:: Records for this task ::
/---

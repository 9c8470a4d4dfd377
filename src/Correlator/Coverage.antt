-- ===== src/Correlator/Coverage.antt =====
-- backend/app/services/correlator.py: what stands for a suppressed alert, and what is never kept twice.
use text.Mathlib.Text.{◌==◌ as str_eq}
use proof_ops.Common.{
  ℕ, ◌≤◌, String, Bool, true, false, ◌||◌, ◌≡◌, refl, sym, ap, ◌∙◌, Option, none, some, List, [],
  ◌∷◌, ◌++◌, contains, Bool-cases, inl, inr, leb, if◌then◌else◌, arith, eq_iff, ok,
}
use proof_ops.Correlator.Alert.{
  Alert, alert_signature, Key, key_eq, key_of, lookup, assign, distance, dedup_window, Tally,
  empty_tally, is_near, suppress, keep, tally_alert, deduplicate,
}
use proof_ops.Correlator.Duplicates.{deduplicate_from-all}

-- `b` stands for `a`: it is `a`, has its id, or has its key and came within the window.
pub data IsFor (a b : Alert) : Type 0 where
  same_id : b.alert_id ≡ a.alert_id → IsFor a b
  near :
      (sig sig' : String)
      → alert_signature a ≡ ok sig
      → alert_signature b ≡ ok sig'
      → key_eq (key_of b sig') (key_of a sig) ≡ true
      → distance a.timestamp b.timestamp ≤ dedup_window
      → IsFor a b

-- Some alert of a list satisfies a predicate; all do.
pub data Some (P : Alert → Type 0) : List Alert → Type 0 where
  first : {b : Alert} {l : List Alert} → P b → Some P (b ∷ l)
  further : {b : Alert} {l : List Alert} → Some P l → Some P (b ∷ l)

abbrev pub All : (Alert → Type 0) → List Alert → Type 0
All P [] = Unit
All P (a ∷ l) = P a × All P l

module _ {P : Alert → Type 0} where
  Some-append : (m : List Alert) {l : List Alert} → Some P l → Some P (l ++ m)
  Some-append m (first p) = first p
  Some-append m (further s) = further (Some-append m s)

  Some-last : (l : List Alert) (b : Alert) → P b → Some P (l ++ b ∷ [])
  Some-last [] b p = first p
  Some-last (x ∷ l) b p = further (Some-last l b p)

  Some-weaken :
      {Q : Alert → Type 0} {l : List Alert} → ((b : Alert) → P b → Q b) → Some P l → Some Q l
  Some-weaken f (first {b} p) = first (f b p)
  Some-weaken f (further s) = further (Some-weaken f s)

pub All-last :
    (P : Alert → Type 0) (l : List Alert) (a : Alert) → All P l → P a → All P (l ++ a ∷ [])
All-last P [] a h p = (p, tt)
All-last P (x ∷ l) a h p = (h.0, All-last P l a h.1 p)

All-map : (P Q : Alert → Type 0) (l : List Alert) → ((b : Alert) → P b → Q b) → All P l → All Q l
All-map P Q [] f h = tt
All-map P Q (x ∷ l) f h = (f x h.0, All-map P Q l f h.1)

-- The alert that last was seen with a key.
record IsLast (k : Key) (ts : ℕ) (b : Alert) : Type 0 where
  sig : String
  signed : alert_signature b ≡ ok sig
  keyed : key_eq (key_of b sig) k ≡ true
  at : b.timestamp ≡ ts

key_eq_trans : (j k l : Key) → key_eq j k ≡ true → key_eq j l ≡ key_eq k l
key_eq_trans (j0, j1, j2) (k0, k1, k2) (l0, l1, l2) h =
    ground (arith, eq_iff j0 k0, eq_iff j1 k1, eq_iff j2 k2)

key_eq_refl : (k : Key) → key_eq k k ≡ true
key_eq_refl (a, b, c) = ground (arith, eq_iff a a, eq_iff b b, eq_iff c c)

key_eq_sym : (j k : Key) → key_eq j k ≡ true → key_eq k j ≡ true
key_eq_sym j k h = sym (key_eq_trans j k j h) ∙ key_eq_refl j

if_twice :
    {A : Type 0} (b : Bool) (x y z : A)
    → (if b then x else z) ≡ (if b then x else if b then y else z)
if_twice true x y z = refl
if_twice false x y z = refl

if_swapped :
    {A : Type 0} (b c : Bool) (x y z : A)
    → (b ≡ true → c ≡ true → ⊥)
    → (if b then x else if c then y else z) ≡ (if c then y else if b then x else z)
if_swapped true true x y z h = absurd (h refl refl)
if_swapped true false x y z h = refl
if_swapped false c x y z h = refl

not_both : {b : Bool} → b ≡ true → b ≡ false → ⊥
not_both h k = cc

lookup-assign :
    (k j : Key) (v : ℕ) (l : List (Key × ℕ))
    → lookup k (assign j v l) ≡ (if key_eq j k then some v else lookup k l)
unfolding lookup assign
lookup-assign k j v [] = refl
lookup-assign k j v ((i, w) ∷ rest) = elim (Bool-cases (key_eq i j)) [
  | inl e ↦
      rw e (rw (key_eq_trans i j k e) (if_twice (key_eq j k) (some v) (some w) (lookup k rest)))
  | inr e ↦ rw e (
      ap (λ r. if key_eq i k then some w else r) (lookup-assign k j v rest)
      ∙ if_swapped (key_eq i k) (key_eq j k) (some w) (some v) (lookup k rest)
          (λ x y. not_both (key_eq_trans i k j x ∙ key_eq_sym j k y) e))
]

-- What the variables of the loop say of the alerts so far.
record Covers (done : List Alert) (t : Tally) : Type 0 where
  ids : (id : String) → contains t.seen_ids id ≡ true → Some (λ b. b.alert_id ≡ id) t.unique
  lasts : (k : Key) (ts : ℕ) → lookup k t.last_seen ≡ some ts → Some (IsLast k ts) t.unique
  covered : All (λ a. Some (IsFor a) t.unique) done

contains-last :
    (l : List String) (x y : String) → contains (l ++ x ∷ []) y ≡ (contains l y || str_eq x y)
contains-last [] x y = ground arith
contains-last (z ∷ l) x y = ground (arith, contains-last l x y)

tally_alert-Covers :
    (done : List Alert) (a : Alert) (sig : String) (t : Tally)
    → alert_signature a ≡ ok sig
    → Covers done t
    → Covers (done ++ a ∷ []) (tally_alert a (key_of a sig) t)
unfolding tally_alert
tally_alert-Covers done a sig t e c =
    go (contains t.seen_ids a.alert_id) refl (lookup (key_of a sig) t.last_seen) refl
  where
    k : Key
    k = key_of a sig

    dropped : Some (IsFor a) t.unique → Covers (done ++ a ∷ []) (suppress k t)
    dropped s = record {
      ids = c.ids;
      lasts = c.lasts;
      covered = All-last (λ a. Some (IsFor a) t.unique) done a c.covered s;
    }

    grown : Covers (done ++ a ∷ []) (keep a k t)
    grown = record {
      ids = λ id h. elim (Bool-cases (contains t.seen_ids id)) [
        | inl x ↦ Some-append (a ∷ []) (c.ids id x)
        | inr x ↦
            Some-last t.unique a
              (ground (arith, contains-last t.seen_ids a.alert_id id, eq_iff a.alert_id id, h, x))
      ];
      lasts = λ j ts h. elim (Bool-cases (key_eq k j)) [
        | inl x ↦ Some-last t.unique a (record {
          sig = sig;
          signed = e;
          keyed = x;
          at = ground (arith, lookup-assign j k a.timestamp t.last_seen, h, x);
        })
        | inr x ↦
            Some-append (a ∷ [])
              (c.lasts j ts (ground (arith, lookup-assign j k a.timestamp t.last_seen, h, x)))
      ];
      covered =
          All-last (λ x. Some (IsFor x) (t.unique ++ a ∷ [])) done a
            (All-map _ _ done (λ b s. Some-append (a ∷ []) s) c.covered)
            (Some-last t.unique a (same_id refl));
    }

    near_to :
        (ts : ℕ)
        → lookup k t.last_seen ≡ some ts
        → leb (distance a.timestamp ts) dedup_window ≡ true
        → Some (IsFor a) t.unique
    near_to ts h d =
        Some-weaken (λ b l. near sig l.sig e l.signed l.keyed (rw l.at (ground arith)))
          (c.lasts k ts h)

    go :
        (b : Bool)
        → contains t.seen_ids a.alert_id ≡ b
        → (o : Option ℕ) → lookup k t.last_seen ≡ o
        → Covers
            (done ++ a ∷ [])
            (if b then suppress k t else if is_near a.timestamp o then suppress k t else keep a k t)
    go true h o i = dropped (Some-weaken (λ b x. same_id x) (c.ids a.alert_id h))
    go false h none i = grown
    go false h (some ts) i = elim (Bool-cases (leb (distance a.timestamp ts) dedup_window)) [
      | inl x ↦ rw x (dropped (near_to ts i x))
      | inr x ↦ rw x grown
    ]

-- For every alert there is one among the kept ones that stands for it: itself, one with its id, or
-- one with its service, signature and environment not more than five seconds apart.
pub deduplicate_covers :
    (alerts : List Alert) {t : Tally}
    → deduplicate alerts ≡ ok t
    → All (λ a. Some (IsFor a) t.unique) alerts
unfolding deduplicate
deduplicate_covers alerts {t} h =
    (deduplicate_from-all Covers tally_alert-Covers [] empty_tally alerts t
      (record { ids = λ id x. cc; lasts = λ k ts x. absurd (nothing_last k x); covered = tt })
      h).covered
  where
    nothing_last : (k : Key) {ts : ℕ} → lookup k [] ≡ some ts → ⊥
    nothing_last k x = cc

\---

:: How to complete this task ::
Which lines of the entries above contain the word "Option"? Copy each of them.

:: Exercise solution ::
  ℕ, ◌≤◌, String, Bool, true, false, ◌||◌, ◌≡◌, refl, sym, ap, ◌∙◌, Option, none, some, List, [],
        → (o : Option ℕ) → lookup k t.last_seen ≡ o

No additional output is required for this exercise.